#### Extracted records
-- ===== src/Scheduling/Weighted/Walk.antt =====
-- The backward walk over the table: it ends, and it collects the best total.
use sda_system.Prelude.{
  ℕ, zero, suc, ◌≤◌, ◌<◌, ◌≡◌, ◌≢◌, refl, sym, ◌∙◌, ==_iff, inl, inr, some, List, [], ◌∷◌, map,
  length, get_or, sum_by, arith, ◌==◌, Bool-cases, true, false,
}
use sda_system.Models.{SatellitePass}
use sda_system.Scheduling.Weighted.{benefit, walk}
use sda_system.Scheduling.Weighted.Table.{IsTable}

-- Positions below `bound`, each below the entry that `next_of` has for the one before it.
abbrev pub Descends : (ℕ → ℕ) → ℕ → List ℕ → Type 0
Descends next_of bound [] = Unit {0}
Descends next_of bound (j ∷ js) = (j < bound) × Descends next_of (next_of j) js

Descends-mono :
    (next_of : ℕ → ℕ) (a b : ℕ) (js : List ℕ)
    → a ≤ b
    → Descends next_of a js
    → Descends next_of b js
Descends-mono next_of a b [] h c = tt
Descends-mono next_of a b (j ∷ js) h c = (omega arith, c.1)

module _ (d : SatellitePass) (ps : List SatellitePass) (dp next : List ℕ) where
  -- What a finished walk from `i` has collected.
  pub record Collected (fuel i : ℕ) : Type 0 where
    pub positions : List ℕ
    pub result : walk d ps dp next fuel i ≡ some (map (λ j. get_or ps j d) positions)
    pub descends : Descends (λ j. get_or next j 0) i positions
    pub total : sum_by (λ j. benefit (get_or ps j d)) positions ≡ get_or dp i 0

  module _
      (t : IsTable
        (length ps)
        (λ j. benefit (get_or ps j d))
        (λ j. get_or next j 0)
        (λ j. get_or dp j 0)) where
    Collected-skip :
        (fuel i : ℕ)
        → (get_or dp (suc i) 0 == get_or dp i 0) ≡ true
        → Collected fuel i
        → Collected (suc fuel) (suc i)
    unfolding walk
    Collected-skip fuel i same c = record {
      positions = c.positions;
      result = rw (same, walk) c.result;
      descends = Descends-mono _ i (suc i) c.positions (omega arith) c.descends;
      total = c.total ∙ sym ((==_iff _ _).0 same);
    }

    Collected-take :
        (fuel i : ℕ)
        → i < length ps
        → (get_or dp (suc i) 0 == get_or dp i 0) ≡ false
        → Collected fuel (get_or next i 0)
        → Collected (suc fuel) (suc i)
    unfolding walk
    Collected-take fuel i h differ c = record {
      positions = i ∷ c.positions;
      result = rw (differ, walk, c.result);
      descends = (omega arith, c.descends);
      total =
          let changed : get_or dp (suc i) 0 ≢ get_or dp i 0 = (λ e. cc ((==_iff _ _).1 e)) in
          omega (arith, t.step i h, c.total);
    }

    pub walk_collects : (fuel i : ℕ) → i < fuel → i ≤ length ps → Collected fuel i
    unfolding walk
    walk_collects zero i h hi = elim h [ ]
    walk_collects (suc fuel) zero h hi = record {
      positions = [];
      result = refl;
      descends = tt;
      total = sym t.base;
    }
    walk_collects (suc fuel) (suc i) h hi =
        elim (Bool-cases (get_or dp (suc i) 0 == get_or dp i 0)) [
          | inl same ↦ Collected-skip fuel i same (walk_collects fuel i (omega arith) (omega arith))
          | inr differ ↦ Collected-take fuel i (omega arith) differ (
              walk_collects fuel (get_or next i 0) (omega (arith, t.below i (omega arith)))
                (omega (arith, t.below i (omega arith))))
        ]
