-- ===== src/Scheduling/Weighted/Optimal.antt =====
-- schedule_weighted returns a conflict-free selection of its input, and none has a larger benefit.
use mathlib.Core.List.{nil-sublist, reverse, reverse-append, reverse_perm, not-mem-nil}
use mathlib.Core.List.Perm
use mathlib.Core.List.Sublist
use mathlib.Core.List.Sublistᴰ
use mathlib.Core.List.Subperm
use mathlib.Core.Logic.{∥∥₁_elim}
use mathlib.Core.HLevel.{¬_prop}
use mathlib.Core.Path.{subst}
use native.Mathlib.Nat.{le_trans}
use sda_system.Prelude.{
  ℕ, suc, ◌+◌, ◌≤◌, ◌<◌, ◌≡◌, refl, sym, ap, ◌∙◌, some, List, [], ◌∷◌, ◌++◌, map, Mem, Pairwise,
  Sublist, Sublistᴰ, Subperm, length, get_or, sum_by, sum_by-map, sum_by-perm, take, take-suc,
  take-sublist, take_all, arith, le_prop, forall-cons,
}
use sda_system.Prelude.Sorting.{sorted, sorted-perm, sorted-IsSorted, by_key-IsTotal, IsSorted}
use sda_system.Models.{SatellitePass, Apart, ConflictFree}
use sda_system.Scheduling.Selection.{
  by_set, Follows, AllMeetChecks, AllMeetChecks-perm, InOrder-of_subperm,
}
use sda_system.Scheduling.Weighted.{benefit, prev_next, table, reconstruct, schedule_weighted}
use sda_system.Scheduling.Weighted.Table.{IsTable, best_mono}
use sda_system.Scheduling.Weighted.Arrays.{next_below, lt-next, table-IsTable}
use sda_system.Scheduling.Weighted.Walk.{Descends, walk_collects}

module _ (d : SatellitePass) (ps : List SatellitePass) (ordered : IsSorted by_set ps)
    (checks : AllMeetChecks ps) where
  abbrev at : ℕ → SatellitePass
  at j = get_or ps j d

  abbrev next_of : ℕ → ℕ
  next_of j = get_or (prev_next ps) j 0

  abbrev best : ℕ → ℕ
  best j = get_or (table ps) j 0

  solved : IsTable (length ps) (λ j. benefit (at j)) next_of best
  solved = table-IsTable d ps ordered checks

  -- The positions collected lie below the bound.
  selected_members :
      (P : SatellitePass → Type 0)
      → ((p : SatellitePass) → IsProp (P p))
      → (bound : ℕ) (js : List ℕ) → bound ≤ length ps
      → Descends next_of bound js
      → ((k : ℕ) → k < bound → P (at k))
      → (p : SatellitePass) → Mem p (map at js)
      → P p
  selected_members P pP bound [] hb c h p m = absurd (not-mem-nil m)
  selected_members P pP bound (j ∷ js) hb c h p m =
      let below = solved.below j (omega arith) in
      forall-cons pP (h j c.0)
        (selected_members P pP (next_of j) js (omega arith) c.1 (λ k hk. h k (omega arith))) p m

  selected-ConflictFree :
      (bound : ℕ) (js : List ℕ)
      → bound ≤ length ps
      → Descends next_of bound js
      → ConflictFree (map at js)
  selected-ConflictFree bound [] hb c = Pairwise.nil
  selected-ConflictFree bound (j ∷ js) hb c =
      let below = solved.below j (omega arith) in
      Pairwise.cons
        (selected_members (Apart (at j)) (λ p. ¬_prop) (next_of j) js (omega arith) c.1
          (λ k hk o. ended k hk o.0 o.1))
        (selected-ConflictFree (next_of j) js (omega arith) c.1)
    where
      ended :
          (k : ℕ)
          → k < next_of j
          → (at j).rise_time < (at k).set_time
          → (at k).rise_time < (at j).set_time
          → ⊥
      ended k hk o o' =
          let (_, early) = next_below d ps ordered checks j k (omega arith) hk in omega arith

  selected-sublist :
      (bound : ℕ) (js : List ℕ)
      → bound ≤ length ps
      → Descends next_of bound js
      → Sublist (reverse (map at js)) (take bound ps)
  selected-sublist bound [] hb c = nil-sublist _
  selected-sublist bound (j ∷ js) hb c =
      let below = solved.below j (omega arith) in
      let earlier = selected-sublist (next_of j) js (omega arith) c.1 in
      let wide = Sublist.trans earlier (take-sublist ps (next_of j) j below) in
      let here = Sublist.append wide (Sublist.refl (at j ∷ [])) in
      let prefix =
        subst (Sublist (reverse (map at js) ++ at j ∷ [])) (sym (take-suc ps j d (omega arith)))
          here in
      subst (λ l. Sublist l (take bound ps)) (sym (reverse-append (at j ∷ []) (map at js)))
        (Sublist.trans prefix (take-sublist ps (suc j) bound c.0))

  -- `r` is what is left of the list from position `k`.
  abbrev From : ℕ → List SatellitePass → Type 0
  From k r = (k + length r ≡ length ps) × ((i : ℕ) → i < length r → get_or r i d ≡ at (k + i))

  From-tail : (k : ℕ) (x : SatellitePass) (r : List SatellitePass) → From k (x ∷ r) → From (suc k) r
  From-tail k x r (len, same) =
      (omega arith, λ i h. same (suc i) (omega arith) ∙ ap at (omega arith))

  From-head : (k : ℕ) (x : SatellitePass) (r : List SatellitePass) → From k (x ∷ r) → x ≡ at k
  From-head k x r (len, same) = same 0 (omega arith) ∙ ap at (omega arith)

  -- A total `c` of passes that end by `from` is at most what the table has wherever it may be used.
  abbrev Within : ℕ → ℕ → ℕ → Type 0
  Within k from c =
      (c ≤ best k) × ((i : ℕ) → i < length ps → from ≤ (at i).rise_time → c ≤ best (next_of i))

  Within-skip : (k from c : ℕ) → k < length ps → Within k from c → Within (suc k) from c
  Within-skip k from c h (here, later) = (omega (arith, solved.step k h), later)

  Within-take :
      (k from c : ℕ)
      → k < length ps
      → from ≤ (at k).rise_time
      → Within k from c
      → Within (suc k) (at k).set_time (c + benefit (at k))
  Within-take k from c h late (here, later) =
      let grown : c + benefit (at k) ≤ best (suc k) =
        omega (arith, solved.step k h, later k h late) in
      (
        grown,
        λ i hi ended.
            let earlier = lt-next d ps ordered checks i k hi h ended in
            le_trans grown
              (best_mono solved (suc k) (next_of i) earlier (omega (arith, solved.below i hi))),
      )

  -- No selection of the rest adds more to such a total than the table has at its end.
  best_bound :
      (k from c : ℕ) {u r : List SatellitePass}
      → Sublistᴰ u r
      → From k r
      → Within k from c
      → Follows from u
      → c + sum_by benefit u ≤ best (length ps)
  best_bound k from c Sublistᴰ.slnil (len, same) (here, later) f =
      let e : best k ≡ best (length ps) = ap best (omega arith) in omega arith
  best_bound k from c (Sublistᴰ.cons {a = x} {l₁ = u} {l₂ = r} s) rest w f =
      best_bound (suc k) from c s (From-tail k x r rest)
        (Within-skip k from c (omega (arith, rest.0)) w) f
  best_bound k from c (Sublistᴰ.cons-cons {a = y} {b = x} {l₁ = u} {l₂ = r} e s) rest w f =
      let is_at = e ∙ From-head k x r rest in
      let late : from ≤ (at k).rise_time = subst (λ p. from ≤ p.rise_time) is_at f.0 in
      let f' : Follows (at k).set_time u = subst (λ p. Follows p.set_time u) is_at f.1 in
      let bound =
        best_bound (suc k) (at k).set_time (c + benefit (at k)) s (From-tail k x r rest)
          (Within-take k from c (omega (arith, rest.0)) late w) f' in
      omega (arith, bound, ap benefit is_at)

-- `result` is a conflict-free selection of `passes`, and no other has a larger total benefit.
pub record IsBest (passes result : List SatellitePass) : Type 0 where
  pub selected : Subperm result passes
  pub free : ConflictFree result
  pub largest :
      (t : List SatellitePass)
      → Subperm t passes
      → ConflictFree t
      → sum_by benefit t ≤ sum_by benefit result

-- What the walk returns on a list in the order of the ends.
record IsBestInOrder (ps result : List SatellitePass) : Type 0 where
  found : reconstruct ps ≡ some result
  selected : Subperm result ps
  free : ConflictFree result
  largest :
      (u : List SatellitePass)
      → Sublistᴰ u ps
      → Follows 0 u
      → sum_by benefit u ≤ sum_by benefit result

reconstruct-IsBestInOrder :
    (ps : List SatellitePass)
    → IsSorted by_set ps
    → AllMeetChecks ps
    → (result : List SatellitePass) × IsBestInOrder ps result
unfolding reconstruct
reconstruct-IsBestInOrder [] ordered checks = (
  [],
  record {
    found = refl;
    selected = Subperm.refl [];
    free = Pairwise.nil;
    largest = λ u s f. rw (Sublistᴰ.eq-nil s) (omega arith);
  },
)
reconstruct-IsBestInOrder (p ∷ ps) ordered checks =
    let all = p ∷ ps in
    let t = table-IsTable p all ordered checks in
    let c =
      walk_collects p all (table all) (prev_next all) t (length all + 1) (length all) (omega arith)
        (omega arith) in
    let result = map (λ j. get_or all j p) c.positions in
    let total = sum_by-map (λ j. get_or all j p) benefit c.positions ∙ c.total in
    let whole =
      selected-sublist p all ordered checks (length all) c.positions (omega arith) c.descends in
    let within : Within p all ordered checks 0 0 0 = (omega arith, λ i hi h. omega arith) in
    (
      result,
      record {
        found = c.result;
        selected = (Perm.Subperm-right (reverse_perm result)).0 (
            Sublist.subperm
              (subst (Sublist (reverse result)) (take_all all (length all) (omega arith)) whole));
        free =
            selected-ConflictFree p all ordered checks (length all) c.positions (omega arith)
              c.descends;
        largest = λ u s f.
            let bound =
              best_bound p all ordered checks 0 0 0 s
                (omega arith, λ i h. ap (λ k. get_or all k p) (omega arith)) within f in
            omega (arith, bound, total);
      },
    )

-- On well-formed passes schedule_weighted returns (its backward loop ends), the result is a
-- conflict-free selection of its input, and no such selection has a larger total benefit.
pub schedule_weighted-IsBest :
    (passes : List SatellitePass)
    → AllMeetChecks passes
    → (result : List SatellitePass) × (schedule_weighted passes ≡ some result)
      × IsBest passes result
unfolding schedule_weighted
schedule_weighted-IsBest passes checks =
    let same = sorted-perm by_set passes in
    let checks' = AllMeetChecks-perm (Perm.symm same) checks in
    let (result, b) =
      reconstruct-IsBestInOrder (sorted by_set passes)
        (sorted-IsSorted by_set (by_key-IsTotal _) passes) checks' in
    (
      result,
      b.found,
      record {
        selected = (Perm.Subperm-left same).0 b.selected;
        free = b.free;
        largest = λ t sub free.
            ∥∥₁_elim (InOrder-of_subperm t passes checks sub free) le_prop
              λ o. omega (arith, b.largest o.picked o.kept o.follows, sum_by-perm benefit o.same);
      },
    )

#### Directions for this task
Your answer should consist of the lines from the line with "selected-ConflictFree bound (j" to the line with "ended k hk o o'" above, repeated exactly, both ends included.

#### Your response
  selected-ConflictFree bound (j ∷ js) hb c =
      let below = solved.below j (omega arith) in
      Pairwise.cons
        (selected_members (Apart (at j)) (λ p. ¬_prop) (next_of j) js (omega arith) c.1
          (λ k hk o. ended k hk o.0 o.1))
        (selected-ConflictFree (next_of j) js (omega arith) c.1)
    where
      ended :
          (k : ℕ)
          → k < next_of j
          → (at j).rise_time < (at k).set_time
          → (at k).rise_time < (at j).set_time
          → ⊥
      ended k hk o o' =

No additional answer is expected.